Die Kinder sind aus einer ruppigen Welt hierher gekommen, manche von ihnen wirken wie ausgedünnte und schemenhafte Gestalten. Sahima hat noch Glück im Unglück, weil sich nun Ärzte um sie kümmern. Wenn dem nicht so wäre, würde sie wegen des Geschwürs stigmatisiert und in der Schule gehänselt - und mit Leishmaniose-Narben hätte sie kaum eine Chance, später einen Ehemann zu finden.

Die Sandmücken übertragen einzellige Parasiten, die sie bei der Wüstenrennmaus, Gerbil genannt, aufgelesen haben.
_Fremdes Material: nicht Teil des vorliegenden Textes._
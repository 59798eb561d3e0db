-- ===== src/AppenderMode/Runs.antt =====
-- A whole run of the default mode.
use phxargs.Base.{
  ◌+◌, ◌≡◌, refl, inl, inr, Bool, false, List, [], none, Yields, >>=-Yields, Yields-weaken, length,
  arith,
}
use phxargs.Base.Strings.{Str}
use phxargs.World.{Kernel}
use phxargs.ProcessPool.Reap.{IsLawful}
use phxargs.Command.{Command}
use phxargs.XargsMode.Feeds.{Feeds, Feeds-length}
use phxargs.XargsMode.{XargsMode}
use phxargs.AppenderMode.{appender_mode_run}
use phxargs.AppenderMode.Batches.Moves.{empty-Limited}
use phxargs.AppenderMode.Serves.{Serves}
use phxargs.AppenderMode.Loop.{loop-Ended}
use phxargs.AppenderMode.Finish.{Completed, RunFails, finish-Completed}

module _ (kernel : Kernel) (law : IsLawful kernel) (base : Command)
    (appending : base.arg_placeholder ≡ none) where
  -- A run of the default mode (no placeholder) on a lawful system, over an input that a tokenizer
  -- feeds it as tokens, from a mode that has launched nothing, holds no argument and has a consistent
  -- pool, either returns or leaves the process with status 1. It leaves only where fork fails, where
  -- there are about 2^62 tokens or more, where consecutive tokens, no more than `-n` allows, make a
  -- command longer than the limit, either one alone, or several with `-x` and with `-L` or `-n` in
  -- force, or where the tokenizer ends with an error. It returns with
  -- every child launched reaped, and the worst of their statuses; the argument vectors are the fixed
  -- arguments with a batch of input arguments each; the batches in order of their launch, then what
  -- is held, then what has not been read, are the tokens; and nothing is held or unread unless a
  -- child has halted the pool. Where there is a token, no batch is empty; where there is none, a single
  -- empty batch is launched, or with `-r` nothing. A batch has at most as many arguments as `-n` says,
  -- and makes a command within the limit, unless it is empty, or one argument without `-x` in force,
  -- or `-L` is in force without `-x`. And each batch is full before the argument that comes next: it has
  -- as many arguments as `-n` says, or would with that argument make a command longer than the limit;
  -- or `-L` is in force.
  pub appender_mode_run-Completed :
      (char_is_signed suppress errored : Bool) (tokens : List Str) (mode : XargsMode)
      → Feeds char_is_signed mode.toker mode.arg_source tokens errored
      → Serves base mode [] []
      → Yields
          (RunFails kernel base tokens errored)
          (Completed base suppress tokens)
          (appender_mode_run kernel char_is_signed suppress mode)
  unfolding appender_mode_run
  appender_mode_run-Completed char_is_signed suppress errored tokens mode feeds s =
      >>=-Yields {Q = Completed base suppress tokens} _
        (Yields-weaken
          (loop-Ended kernel law base appending char_is_signed (length mode.arg_source.bytes + 1)
            mode [] tokens false feeds refl refl refl (inr (refl, refl))
            (record {
              batches = [];
              items = [];
              serves = s;
              in_order = refl;
              launches = omega arith;
              known = record {
                sound = record { limited = tt; filled = tt; full = tt; held = empty-Limited base };
                resting = inr (inl refl);
              };
            })
            (omega (arith, Feeds-length mode.cmd feeds)))
          (λ _ x. x) inl)
        (λ (after, input_present) x.
          finish-Completed kernel law base appending char_is_signed suppress _ errored input_present
            tokens after x refl)
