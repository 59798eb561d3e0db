-- ===== src/ArgSource.antt =====
-- src/arg_source.c: where the input comes from.
use phxargs.Base.{Option, none, some, Outcome, ok, exit, exit_failure}
use phxargs.Base.Strings.{Str}
use phxargs.Stream.{Stream}

-- The standard input, and what `fopen` for reading answers.
pub record Files : Type 0 where
  pub stdin : Stream
  pub fopen : Str → Option Stream

unfoldable pub arg_source_open : Files → Option Str → Outcome Stream
arg_source_open files none = ok files.stdin
arg_source_open files (some path) = elim (files.fopen path) [
  | none ↦ exit exit_failure
  | some arg_source ↦ ok arg_source
]
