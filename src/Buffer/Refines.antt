-- ===== src/Buffer/Refines.antt =====
-- A buffer stands for the list of the bytes in front of its position.
use native.Mathlib.Numerals.{add-one}
use mathlib.Core.Path.{subst}
use mathlib.Core.List.{map-append}
use phxargs.Base.Strings.{cell, c_string, c_string-cells, until_nul}
use phxargs.Base.Cells.{take-shorter, last-cell}
use phxargs.Base.{
  lt→ltb, drop, ℕ, suc, ◌+◌, ◌-◌, ◌/◌, ◌≤◌, ◌<◌, ◌≡◌, refl, sym, ap, ◌∙◌, inl, inr, List, [], ◌∷◌,
  ◌++◌, map, Option, none, some, ok, arith, ◌==◌, Bool-cases, take, length, replicate,
  length-append, length-set, length-replicate, take-set, take-append,
}
use phxargs.Util.{double_capacity_grows, double_capacity_total, size_max}
use phxargs.Buffer.{Buffer, buffer_create, grow, store, buffer_put, buffer_drop_last, buffer_reset}

pub record Represents (b : Buffer) (bytes : List ℕ) : Type 0 where
  pub allocated : length b.buf ≡ b.sz + 1
  pub fits : b.pos ≤ b.sz
  pub position : b.pos ≡ length bytes
  pub contents : take b.pos b.buf ≡ map some bytes

pub buffer_create-Represents : (sz : ℕ) → Represents (buffer_create sz) []
unfolding buffer_create
buffer_create-Represents sz = record {
  allocated = length-replicate (sz + 1) (some 0);
  fits = omega arith;
  position = refl;
  contents = refl;
}

pub buffer_reset-Represents :
    {b : Buffer} {bytes : List ℕ} → Represents b bytes → Represents (buffer_reset b) []
unfolding buffer_reset
buffer_reset-Represents r = ground arith

pub store-Represents :
    {b : Buffer} {bytes : List ℕ} (ch : ℕ)
    → Represents b bytes
    → b.pos < b.sz
    → Represents (store b ch) (bytes ++ ch ∷ [])
unfolding store
store-Represents {b} {bytes} ch r h = record {
  allocated = length-set b.buf b.pos (some ch) ∙ r.allocated;
  fits = omega arith;
  position = omega (arith, length-append bytes (ch ∷ []), r.position);
  contents = rw add-one (
      take-set b.buf b.pos (some ch) (omega arith)
      ∙ ap (λ t. t ++ some ch ∷ []) r.contents
      ∙ sym (map-append some bytes (ch ∷ [])));
}

-- Growth changes what may follow, not what is there.
grow-Represents :
    {b : Buffer} {bytes : List ℕ}
    → Represents b bytes
    → b.sz ≤ size_max / 2
    → (b' : Buffer) × (grow b ≡ ok b') × Represents b' bytes × (b'.pos < b'.sz)
unfolding grow
grow-Represents {b} {bytes} r h =
    let (sz, e) = double_capacity_total b.sz h in
    let wide = double_capacity_grows b.sz sz e in
    let fill = replicate {A = Option ℕ} (sz - b.sz) none in
    (
      record b { buf = b.buf ++ fill; sz = sz },
      rw e,
      record {
        allocated = omega (
          arith,
          length-append b.buf fill,
          length-replicate {A = Option ℕ} (sz - b.sz) none,
          r.allocated,
        );
        fits = omega arith;
        position = r.position;
        contents = take-append b.pos b.buf fill (omega arith) ∙ r.contents;
      },
      omega arith,
    )

-- A put below half of the address space appends the byte.
pub buffer_put-Represents :
    {b : Buffer} {bytes : List ℕ} (ch : ℕ)
    → Represents b bytes
    → length bytes ≤ size_max / 2
    → (b' : Buffer) × (buffer_put b ch ≡ ok b') × Represents b' (bytes ++ ch ∷ [])
unfolding buffer_put
buffer_put-Represents {b} ch r h = elim (Bool-cases (b.pos == b.sz)) [
  | inl full ↦
      let (b', e, r', room) = grow-Represents r (ground (arith, r.position)) in
      (store b' ch, rw (full, e), store-Represents ch r' room)
  | inr free ↦ (store b ch, rw free, store-Represents ch r (ground (arith, r.fits)))
]

pub buffer_drop_last-Represents :
    {b : Buffer} (bytes : List ℕ) (ch : ℕ)
    → Represents b (bytes ++ ch ∷ [])
    → Represents (buffer_drop_last b) bytes
unfolding buffer_drop_last
buffer_drop_last-Represents {b} bytes ch r =
    let p : b.pos ≡ suc (length bytes) = omega (arith, r.position, length-append bytes (ch ∷ [])) in
    rw (lt→ltb 0 b.pos (omega arith)) record {
      allocated = r.allocated;
      fits = omega arith;
      position = omega arith;
      contents = take-shorter b.pos (b.pos - 1) b.buf bytes ch (omega arith) r.position r.contents;
    }

-- A terminated token reads back as a C string, up to its first NUL.
pub c_string-Represents :
    {b : Buffer} (token : List ℕ)
    → Represents b (token ++ 0 ∷ [])
    → c_string b.buf ≡ some (until_nul token)
c_string-Represents {b} token r = c_string-cells token b.buf (rw r.position at r.contents)

-- The byte in front of the position.
pub cell-Represents :
    {b : Buffer} (bytes : List ℕ) (ch : ℕ)
    → Represents b (bytes ++ ch ∷ [])
    → cell (drop (b.pos - 1) b.buf) ≡ some ch
cell-Represents {b} bytes ch r =
    let p : b.pos ≡ suc (length bytes) = omega (arith, r.position, length-append bytes (ch ∷ [])) in
    let p' : b.pos ≡ suc (b.pos - 1) = omega arith in
    last-cell (b.pos - 1) b.buf bytes ch (omega arith)
      (subst (λ n. take n b.buf ≡ map some (bytes ++ ch ∷ [])) p' r.contents)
Und weil wegen der Rückkehr vieler Flüchtlinge Kabul förmlich aus den Nähten platzt, steigt auch die Anzahl der Erkrankungen rasant - in ganz Afghanistan sind es wahrscheinlich Hunderttausende.

Auch die Nato-Truppen bleiben nicht verschont

In Kabul sind vor allem jene Menschen betroffen, die in den engen Wohnquartieren hausen müssen. Staub, der eine ideale Tarnung für die Mücken abgibt, ist hier allgegenwärtig. Er dringt aber auch schon in das pompöse neue Handelszentrum ein, in dem vor kurzem eine Shopping Mall mit der ersten Rolltreppe Afghanistans eröffnet wurde.

Leishmaniose kann jeden treffen, der von Sandmücken gestochen und mit den Erregern infiziert wurde. Manchmal wuchern die Geschwüre auf einer Hautfläche von der Größe einer Münze, und unbehandelt gehen sie erst nach Monaten zurück. "Saldana" nennt man sie deshalb in Kabul, was auf deutsch "Einjahres-Geschwür" heißt.

Auch die Nato-Truppen in Afghanistan werden von Leishmaniose nicht verschont, Soldaten der Bundeswehr sind bereits an den Geschwüren erkrankt.

Langärmelige Hemden, imprägnierte Uniformen

In Masar i-Sharif, wo sich mit dem "Camp Marmal" der Hauptstützpunkt der Deutschen befindet, hat man inzwischen eine regelrechte Festungsanlage gegen die Gefahr durch Sandmücken errichtet. Beim Neuaufbau des Camps, in dem zuvor holländische Soldaten waren, wurden Bäume und Sträucher beseitigt, der Mutterboden abgetragen und eine Schotterdecke aufgebracht, damit sich die Rennmäuse nicht eingraben können. Und auch die Mauer um das Camp wurde erhöht, so dass Sandmücken, die nur sehr niedrig fliegen können, nicht über sie hinweggelangen. Die Abwehrmaßnahmen gegen die Nager und Mücken verschlangen allein fünf Millionen Euro. Doch dafür gingen die Erkrankungen zurück - von 20 auf nur mehr einen Fall im vorigen Jahr.

Die Soldaten waren aber auch angehalten worden, nur noch langärmelige Hemden zu tragen und Insektenschutzmittel zu benutzen. Außerdem sind die Uniformen speziell gegen die Stechmücken imprägniert worden.

Im Vergleich zu alledem ist Kabul, wo die Kinder wie Sperlinge im Staub spielen, eine offene Stadt. "Nur mit besserer Hygiene" könne man bei der Leishmaniose-Bekämpfung mit Fortschritten rechnen, meint Reto Steiner. Doch mehr als eine Hoffnung ist das in Kabul und dem geschundenen Land am Hindukusch kaum.